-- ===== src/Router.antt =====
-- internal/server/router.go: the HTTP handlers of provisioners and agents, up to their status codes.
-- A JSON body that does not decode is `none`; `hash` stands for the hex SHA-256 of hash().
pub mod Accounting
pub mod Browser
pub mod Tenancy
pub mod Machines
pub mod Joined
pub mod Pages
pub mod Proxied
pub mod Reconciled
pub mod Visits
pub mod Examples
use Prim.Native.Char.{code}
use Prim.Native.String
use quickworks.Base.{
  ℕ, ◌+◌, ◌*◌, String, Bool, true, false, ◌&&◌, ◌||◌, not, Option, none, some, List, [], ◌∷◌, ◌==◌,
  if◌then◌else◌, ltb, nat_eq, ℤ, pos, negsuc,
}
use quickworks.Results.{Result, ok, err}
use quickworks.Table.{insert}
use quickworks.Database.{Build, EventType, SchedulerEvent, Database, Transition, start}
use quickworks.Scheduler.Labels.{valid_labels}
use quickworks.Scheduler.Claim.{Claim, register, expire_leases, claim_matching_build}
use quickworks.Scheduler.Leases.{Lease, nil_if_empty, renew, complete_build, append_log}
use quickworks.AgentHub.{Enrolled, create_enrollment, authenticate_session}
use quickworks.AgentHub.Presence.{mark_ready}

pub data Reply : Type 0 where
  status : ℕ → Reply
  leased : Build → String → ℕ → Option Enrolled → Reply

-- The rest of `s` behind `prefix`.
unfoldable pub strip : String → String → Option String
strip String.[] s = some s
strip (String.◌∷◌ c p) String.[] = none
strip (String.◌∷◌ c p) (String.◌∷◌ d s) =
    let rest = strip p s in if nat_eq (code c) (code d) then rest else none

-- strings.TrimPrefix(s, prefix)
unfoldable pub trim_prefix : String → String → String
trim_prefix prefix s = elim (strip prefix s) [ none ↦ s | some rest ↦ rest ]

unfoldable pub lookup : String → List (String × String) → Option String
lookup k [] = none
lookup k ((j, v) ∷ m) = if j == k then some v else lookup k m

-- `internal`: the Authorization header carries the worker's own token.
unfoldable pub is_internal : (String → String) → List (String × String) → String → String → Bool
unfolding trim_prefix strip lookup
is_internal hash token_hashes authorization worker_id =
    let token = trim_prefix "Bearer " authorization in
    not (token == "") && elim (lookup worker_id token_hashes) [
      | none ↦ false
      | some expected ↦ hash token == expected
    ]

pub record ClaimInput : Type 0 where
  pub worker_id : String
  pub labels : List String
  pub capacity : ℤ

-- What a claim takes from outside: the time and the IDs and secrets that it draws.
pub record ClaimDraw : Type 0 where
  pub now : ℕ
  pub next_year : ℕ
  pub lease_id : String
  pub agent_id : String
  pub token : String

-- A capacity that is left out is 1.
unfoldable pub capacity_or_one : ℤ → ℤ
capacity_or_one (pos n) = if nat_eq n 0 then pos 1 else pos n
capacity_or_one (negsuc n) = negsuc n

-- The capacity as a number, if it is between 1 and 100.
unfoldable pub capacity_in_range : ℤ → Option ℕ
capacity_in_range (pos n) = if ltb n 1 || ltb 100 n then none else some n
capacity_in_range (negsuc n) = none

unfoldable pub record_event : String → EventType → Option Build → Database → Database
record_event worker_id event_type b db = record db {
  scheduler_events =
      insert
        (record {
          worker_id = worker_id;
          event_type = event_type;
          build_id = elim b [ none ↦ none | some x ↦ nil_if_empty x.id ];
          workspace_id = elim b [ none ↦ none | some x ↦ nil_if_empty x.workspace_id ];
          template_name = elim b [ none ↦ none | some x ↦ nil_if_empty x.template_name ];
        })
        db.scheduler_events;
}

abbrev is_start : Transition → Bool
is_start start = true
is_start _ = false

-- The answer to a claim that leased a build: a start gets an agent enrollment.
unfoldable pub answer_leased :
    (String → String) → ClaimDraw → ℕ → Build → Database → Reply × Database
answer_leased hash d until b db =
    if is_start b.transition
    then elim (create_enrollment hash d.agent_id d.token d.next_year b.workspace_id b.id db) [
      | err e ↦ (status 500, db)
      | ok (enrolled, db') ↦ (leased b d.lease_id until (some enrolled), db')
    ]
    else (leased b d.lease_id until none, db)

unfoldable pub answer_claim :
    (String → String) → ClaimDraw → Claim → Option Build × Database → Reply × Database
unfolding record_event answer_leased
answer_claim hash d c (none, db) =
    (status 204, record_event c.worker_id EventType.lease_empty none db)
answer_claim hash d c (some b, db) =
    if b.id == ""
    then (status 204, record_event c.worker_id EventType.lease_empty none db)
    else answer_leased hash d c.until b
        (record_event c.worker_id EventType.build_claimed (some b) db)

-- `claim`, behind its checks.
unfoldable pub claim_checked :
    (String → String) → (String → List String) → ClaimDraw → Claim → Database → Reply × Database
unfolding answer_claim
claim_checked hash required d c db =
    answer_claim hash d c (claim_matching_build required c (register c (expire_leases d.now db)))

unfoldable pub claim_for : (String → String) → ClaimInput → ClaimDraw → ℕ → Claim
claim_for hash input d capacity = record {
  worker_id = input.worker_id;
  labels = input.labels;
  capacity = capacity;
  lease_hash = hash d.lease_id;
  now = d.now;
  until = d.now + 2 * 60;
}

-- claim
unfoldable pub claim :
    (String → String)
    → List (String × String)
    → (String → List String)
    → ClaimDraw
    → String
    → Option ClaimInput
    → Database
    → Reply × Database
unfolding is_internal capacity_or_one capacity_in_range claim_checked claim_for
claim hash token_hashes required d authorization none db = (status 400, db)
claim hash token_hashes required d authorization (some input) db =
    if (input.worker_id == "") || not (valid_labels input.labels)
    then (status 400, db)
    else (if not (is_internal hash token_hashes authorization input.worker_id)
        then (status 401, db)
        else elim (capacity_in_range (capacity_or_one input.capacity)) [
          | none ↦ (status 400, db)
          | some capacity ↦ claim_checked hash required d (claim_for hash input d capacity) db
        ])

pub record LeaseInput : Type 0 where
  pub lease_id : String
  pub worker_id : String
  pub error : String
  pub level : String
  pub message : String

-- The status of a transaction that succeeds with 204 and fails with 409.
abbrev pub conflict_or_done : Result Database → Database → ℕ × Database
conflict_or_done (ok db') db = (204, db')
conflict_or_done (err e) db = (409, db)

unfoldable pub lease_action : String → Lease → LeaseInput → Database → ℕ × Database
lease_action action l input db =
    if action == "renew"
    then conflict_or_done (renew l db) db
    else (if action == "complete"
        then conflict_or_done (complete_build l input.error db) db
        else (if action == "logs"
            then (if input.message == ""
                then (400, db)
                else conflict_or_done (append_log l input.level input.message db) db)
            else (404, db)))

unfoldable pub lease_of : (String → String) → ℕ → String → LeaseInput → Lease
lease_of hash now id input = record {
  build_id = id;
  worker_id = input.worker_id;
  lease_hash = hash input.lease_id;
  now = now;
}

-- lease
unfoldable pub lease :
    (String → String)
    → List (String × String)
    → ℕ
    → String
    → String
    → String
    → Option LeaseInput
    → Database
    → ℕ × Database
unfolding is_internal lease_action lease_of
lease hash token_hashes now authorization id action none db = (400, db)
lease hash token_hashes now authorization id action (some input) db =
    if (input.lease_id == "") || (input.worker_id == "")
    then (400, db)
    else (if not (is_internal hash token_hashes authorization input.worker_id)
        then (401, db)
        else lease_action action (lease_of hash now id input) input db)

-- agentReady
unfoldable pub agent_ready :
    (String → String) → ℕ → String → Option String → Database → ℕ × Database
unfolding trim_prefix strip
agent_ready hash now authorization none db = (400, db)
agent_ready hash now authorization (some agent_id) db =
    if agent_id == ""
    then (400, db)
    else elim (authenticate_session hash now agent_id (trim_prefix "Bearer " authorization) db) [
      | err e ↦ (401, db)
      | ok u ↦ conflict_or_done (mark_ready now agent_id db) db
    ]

--

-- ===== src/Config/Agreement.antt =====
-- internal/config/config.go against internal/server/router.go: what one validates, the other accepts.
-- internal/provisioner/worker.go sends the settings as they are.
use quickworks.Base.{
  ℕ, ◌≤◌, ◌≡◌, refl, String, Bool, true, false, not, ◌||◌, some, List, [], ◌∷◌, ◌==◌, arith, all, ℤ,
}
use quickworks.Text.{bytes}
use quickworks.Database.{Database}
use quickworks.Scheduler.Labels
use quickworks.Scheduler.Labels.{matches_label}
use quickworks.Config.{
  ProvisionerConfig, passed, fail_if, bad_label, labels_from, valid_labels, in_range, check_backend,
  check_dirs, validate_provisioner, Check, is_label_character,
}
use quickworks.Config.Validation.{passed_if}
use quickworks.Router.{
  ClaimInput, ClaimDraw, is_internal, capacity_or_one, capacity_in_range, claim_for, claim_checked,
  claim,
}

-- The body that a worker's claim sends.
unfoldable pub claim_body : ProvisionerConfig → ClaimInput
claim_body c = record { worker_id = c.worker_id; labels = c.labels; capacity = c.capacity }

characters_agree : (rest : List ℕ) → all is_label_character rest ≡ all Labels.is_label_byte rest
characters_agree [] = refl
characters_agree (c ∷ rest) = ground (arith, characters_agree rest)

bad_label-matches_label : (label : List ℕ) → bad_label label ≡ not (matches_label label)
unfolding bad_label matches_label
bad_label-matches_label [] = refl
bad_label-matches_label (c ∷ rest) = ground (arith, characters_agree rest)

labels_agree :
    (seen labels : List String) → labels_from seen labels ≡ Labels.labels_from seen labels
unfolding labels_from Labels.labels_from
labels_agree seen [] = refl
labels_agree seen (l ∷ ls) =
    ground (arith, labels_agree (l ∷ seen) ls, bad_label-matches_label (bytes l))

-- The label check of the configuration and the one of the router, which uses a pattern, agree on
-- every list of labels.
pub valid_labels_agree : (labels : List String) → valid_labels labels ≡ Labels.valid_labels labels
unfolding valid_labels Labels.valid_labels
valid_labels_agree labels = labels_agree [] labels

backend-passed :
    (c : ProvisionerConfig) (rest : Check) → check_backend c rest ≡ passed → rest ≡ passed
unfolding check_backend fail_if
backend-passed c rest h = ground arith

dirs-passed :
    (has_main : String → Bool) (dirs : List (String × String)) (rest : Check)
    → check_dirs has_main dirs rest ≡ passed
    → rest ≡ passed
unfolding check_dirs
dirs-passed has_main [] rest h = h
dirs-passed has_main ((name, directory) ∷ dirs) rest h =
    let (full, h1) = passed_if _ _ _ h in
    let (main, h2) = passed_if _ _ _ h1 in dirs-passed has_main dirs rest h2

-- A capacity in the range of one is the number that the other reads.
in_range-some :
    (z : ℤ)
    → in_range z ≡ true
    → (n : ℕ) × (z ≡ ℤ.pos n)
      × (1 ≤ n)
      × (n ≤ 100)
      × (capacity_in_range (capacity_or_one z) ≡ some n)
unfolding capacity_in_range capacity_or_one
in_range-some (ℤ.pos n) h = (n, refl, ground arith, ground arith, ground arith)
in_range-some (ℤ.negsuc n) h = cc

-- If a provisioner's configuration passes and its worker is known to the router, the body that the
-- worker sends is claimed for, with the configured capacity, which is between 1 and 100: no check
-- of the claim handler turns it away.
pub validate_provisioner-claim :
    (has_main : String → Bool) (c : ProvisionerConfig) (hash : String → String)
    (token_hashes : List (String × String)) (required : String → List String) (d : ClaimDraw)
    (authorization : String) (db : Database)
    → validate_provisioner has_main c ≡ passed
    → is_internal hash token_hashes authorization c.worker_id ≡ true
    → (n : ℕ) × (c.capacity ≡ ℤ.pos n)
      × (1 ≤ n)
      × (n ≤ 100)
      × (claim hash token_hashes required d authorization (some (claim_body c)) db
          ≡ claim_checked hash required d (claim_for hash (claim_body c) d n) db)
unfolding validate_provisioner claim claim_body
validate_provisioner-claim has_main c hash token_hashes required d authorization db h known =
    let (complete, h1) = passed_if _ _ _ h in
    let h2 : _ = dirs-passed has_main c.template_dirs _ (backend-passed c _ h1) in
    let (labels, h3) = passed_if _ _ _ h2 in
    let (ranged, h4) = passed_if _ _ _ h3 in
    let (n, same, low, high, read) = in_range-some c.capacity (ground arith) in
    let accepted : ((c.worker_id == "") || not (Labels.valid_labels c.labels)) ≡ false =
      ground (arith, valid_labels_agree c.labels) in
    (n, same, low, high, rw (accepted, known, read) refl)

(EXERCISE INSTRUCTIONS) From the entries above, tally the lines that contain the string "Bool". Report the total and nothing more.

(ANSWER AREA) 6